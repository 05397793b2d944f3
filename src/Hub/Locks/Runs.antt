-- ===== src/Hub/Locks/Runs.antt =====
-- Closed channels in any interleaving of the calls of internal/service/hub.go and
-- internal/dispatch/dispatcher.go on pkg/pool.
use bs_notify_hub.Prelude.Map
use bs_notify_hub.Prelude.{
  ℕ, ◌≤◌, String, ◌≡◌, refl, false, Option, none, some, List, [], ◌∷◌, arith, nat_key, string_key,
  if_induction,
}
use bs_notify_hub.Pool.Channel.{InternalMsg}
use bs_notify_hub.Pool.Group.{Group, empty_group, conn_of, close_old}
use bs_notify_hub.Pool.Group
use bs_notify_hub.Pool.Manager
use bs_notify_hub.Pool.Manager.{Manager, Pool}
use bs_notify_hub.Pool.Tidy.{empty_group-IsTidy, clients_of-Distinct}
use bs_notify_hub.Pool.Range.{range_clients_inv, range_users_inv}
use bs_notify_hub.Dispatch.Message.{
  Message, TargetType, target_single, target_multiple, target_broadcast,
}
use bs_notify_hub.Dispatch.Dispatcher.{Delivery, deliver}
use bs_notify_hub.Hub.{new_hub}
use bs_notify_hub.Hub.Safety.{IsSafe, deliver-IsSafe}
use bs_notify_hub.Hub.Locks.Sound.{
  IsSound, created_next, get_or_create-IsSound, group_register-IsSound, unregister_in-IsSound,
  collect-IsSound, delivered-IsSound,
}
use bs_notify_hub.Hub.Locks.Waiting.{
  IsHandedOut, AllHandedOut, handed_out_more, handed_out_append, TakenOut, taken_out,
}
use bs_notify_hub.Hub.Locks
use bs_notify_hub.Hub.Locks.{
  Pending, registering, unregistering, collecting, sending, ranging, ranging_all, Running, started,
  Event, subscribes, leaves, handles, goes_on, receives, received, later, group_register, take_out,
  resume, resume_taken, process_begins, delivered_to, delivery_of, step, run,
}

pub record IsRunning (r : Running) : Type 0 where
  pub sound : IsSound r.pool r.next_conn
  pub handed_out : AllHandedOut r.next r.pending
  pub no_panic : r.crashed ≡ false

later-IsRunning :
    (x : Pending) (r : Running) → IsRunning r → IsHandedOut r.next x → IsRunning (later x r)
later-IsRunning x r v h = record {
  sound = v.sound;
  handed_out = handed_out_append r.next r.pending x v.handed_out h;
  no_panic = v.no_panic;
}

with_pool-IsRunning :
    (w : Pool) (r : Running)
    → IsRunning r
    → IsSound w r.next_conn
    → r.next ≤ w.next
    → IsRunning (Locks.with_pool w r)
with_pool-IsRunning w r v s h = record {
  sound = s;
  handed_out = handed_out_more r.next w.next r.pending h v.handed_out;
  no_panic = v.no_panic;
}

collect_next : (n : String) (m : Manager) → (Manager.collect n m).next ≡ m.next
unfolding Manager.collect
collect_next n m = ground arith

with_group-IsRunning :
    (f : ℕ → Pending) (o : Option ℕ) (r : Running)
    → IsRunning r
    → ((p : ℕ) → IsHandedOut r.next (f p))
    → IsRunning (Locks.with_group f o r)
with_group-IsRunning f none r v h = v
with_group-IsRunning f (some p) r v h = later-IsRunning (f p) r v (h p)

module _ (decode : String → Option InternalMsg) where
  delivered_to-IsRunning :
      (d : Delivery) (r : Running)
      → IsRunning r
      → IsSafe decode r.channels d
      → IsRunning (delivered_to d r)
  delivered_to-IsRunning d r v (safe, kept) = record {
    sound = delivered-IsSound r.pool r.next_conn d.channels v.sound kept;
    handed_out = v.handed_out;
    no_panic = safe;
  }

  range_user-IsSafe :
      (p : ℕ) (user payload : String) (r : Running)
      → IsRunning r
      → IsSafe decode r.channels
          (Group.range_user user (λ c k s. deliver decode payload k s) (r.heap p) (delivery_of r))
  unfolding Group.range_user
  range_user-IsSafe p user payload r v =
      range_clients_inv (IsSafe decode r.channels) (λ c k s. deliver decode payload k s)
        (Group.clients_of (r.heap p) user)
        (λ c k s at q.
          deliver-IsSafe decode payload k r.channels s
            (v.sound.open_ p user c k (unfold conn_of in at)) q)
        (clients_of-Distinct (r.heap p) user (v.sound.tidy p)) (delivery_of r)
        (v.no_panic, λ j. refl)

  range_users-IsSafe :
      (p : ℕ) (payload : String) (r : Running)
      → IsRunning r
      → IsSafe decode r.channels (
          Group.range_users
            (λ u c k s. deliver decode payload k s)
            (r.heap p).users
            (delivery_of r))
  range_users-IsSafe p payload r v =
      range_users_inv (IsSafe decode r.channels) (λ u c k s. deliver decode payload k s)
        (r.heap p).users
        (λ u c m k s hu hc q.
          deliver-IsSafe decode payload k r.channels s
            (v.sound.open_ p u c k (unfold conn_of in ground (arith, hu, hc))) q)
        (v.sound.tidy p).users (λ u m hu. ((v.sound.tidy p).clients u m hu).0) (delivery_of r)
        (v.no_panic, λ j. refl)

  resume-IsRunning :
      (x : Pending) (r : Running)
      → IsHandedOut r.next x
      → IsRunning r
      → IsRunning (resume decode x r)
  unfolding resume Manager.register_in
  resume-IsRunning (registering p u c) r h v = record {
    sound = group_register-IsSound p u c r h v.sound;
    handed_out = v.handed_out;
    no_panic = v.no_panic;
  }
  resume-IsRunning (unregistering p n u c k) r h v =
      let (w, empty) = Manager.unregister_in p u c (some k) r.pool in
      let left : IsRunning (Locks.with_pool w r) =
        with_pool-IsRunning w r v (unregister_in-IsSound p u c (some k) r.pool r.next_conn v.sound)
          (unfold Manager.unregister_in in omega arith) in
      if_induction IsRunning empty (later (collecting n) (Locks.with_pool w r))
        (Locks.with_pool w r) (later-IsRunning (collecting n) (Locks.with_pool w r) left tt) left
  resume-IsRunning (collecting n) r h v =
      with_pool-IsRunning (record r.pool { manager = Manager.collect n r.manager }) r v
        (collect-IsSound n r.pool r.next_conn v.sound) (omega (arith, collect_next n r.manager))
  resume-IsRunning (sending n payload []) r h v = v
  resume-IsRunning (sending n payload (u ∷ us)) r h v = by_group (Manager.get_group n r.manager)
    where
      by_group :
          (o : Option ℕ)
          → IsRunning (elim o [
            | none ↦ later (sending n payload us) r
            | some p ↦ later (ranging p n u payload us) r
          ])
      by_group none = later-IsRunning (sending n payload us) r v tt
      by_group (some p) = later-IsRunning (ranging p n u payload us) r v tt
  resume-IsRunning (ranging p n u payload us) r h v =
      later-IsRunning (sending n payload us) _
        (delivered_to-IsRunning _ r v (range_user-IsSafe p u payload r v)) tt
  resume-IsRunning (ranging_all p payload) r h v =
      delivered_to-IsRunning _ r v (range_users-IsSafe p payload r v)

  taken-IsRunning :
      (o : Option (Pending × List Pending)) (r : Running)
      → IsRunning r
      → TakenOut r.next o
      → IsRunning (resume_taken decode o r)
  taken-IsRunning none r v t = v
  taken-IsRunning (some (x, rest)) r v (h, a) =
      resume-IsRunning x (record r { pending = rest }) h
        (record { sound = v.sound; handed_out = a; no_panic = v.no_panic })

  begins-IsRunning :
      (t : TargetType) (msg : Message) (r : Running)
      → IsRunning r
      → IsRunning (process_begins t msg r)
  begins-IsRunning target_single msg r v = later-IsRunning (sending _ _ _) r v tt
  begins-IsRunning target_multiple msg r v = later-IsRunning (sending _ _ _) r v tt
  begins-IsRunning target_broadcast msg r v =
      with_group-IsRunning (λ p. ranging_all p msg.payload)
        (Manager.get_group msg.tenant_id r.manager) r v (λ p. tt)

  step-IsRunning : (e : Event) (r : Running) → IsRunning r → IsRunning (step decode e r)
  unfolding step
  step-IsRunning (subscribes n u c) r v =
      let (m, p) = Manager.get_or_create_group n r.manager in
      let (grown, out) = created_next n r.pool r.next_conn v.sound in
      let w = record r.pool { manager = m } in
      later-IsRunning (registering p u c) (Locks.with_pool w r)
        (with_pool-IsRunning w r v (get_or_create-IsSound n r.pool r.next_conn v.sound) grown) out
  step-IsRunning (leaves n u c k) r v =
      with_group-IsRunning (λ p. unregistering p n u c k) (Manager.get_group n r.manager) r v
        (λ p. tt)
  step-IsRunning (handles msg) r v = begins-IsRunning msg.target_type msg r v
  step-IsRunning (goes_on i) r v =
      taken-IsRunning (take_out i r.pending) r v (taken_out r.next i r.pending v.handed_out)
  step-IsRunning (receives k) r v =
      let cs = (received k r).channels in
      with_pool-IsRunning (record r.pool { channels = cs }) r v
        (delivered-IsSound r.pool r.next_conn cs v.sound (λ j. ground arith)) (omega arith)

  run-IsRunning : (es : List Event) (r : Running) → IsRunning r → IsRunning (run decode es r)
  unfolding run
  run-IsRunning [] r v = v
  run-IsRunning (e ∷ es) r v =
      if_induction IsRunning r.crashed r (run decode es (step decode e r)) v
        (run-IsRunning es (step decode e r) (step-IsRunning e r v))

  started-IsRunning : IsRunning started
  unfolding started new_hub Manager.new_manager Map.get conn_of
  started-IsRunning = record {
    sound = record {
      tidy = λ p. empty_group-IsTidy;
      bounded = λ n p h. cc;
      unused = λ p u c h. refl;
      open_ = λ p u c k h. cc;
      older = λ p u c k h. cc;
      once = λ p u c p' u' c' k h h'. cc;
    };
    handed_out = tt;
    no_panic = refl;
  }

  -- Subscribers come and go, also under a key that is taken or with a connection that has been
  -- replaced, and messages are handled and received, each of these calls one lock at a time, with
  -- the locks of all calls in any order. Then no write meets a closed channel; and every connection
  -- that stands in a group, also in one that the pool has dropped meanwhile, is open, and stands at
  -- one key of one group.
  pub run-IsSound :
      (es : List Event)
      → let r = run decode es started in IsSound r.pool r.next_conn × (r.crashed ≡ false)
  run-IsSound es = let v = run-IsRunning es started started-IsRunning in (v.sound, v.no_panic)
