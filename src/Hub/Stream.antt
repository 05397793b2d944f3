-- ===== src/Hub/Stream.antt =====
-- The loop of Subscribe in internal/service/hub.go, on the channel of its connection, together with
-- the writers to that channel. sonic, and whether a write to the HTTP response fails, are parameters.
pub mod Order
pub mod Tests
use bs_notify_hub.Prelude.{
  ℕ, String, Bool, true, false, Option, none, some, List, [], ◌∷◌, ◌++◌, length, if◌then◌else◌,
}
use bs_notify_hub.Pool.Channel.{
  Channel, Channels, InternalMsg, MsgType, WriteResult, written, raw_message, set_channel, write,
  close,
}

-- What is written to the response: the type and the data of a message, or a heartbeat at a time in
-- seconds. Each is written under the connection's id.
pub data SseEvent : Type 0 where
  message_event : MsgType → String → SseEvent
  heartbeat_event : ℕ → SseEvent

-- What may happen next: someone writes to the channel or closes it, or the `select` of the loop
-- takes one of its three cases.
pub data Signal : Type 0 where
  writes : String → Signal
  closes : Signal
  context_done : Signal
  receives : Signal
  ticks : ℕ → Signal

-- `ended` once the loop has returned.
pub record Stream : Type 0 where
  pub channels : Channels
  pub out : List SseEvent
  pub ended : Bool

module _ (decode : String → Option InternalMsg) (marshal : String → Option String)
    (write_fails : ℕ → Bool) (conn : ℕ) where
  -- WriteEvent: the loop returns when it fails.
  unfoldable pub write_event : SseEvent → Stream → Stream
  write_event e s =
      if write_fails (length s.out)
      then record s { ended = true }
      else record s { out = s.out ++ e ∷ [] }

  abbrev pub write_data : MsgType → Option String → Stream → Stream
  write_data kind none s = s
  write_data kind (some text) s = write_event (message_event kind text) s

  -- `msg, ok := <-conn.MessageChan`: on an empty open channel this case is not ready.
  abbrev pub receive : List InternalMsg → Bool → Stream → Stream
  receive [] true s = record s { ended = true }
  receive [] false s = s
  receive (msg ∷ rest) closed s = write_data msg.kind (marshal msg.content) (record s {
    channels = set_channel conn (record (s.channels conn) { queue = rest }) s.channels;
  })

  abbrev pub select : Signal → Stream → Stream
  select (writes payload) s = s
  select closes s = s
  select context_done s = record s { ended = true }
  select receives s = receive (s.channels conn).queue (s.channels conn).closed s
  select (ticks t) s = write_event (heartbeat_event t) s

  unfoldable pub step : Signal → Stream → Stream
  unfolding write_event write close
  step (writes payload) s = record s {
    channels = (write decode conn (raw_message payload) s.channels).0;
  }
  step closes s = record s { channels = close conn s.channels }
  step signal s = if s.ended then s else select signal s

  unfoldable pub run : List Signal → Stream → Stream
  unfolding step
  run [] s = s
  run (e ∷ es) s = run es (step e s)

§

- _EXERCISE DIRECTIONS_
The answer must consist of every line from the records above that holds "String".

- _YOUR RESPONSE_
  ℕ, ◌≤◌, String, ◌≡◌, refl, false, Option, none, some, List, [], ◌∷◌, arith, nat_key, string_key,
collect_next : (n : String) (m : Manager) → (Manager.collect n m).next ≡ m.next
module _ (decode : String → Option InternalMsg) where
      (p : ℕ) (user payload : String) (r : Running)
      (p : ℕ) (payload : String) (r : Running)
  ℕ, String, Bool, true, false, Option, none, some, List, [], ◌∷◌, ◌++◌, length, if◌then◌else◌,
  message_event : MsgType → String → SseEvent
  writes : String → Signal
module _ (decode : String → Option InternalMsg) (marshal : String → Option String)
  abbrev pub write_data : MsgType → Option String → Stream → Stream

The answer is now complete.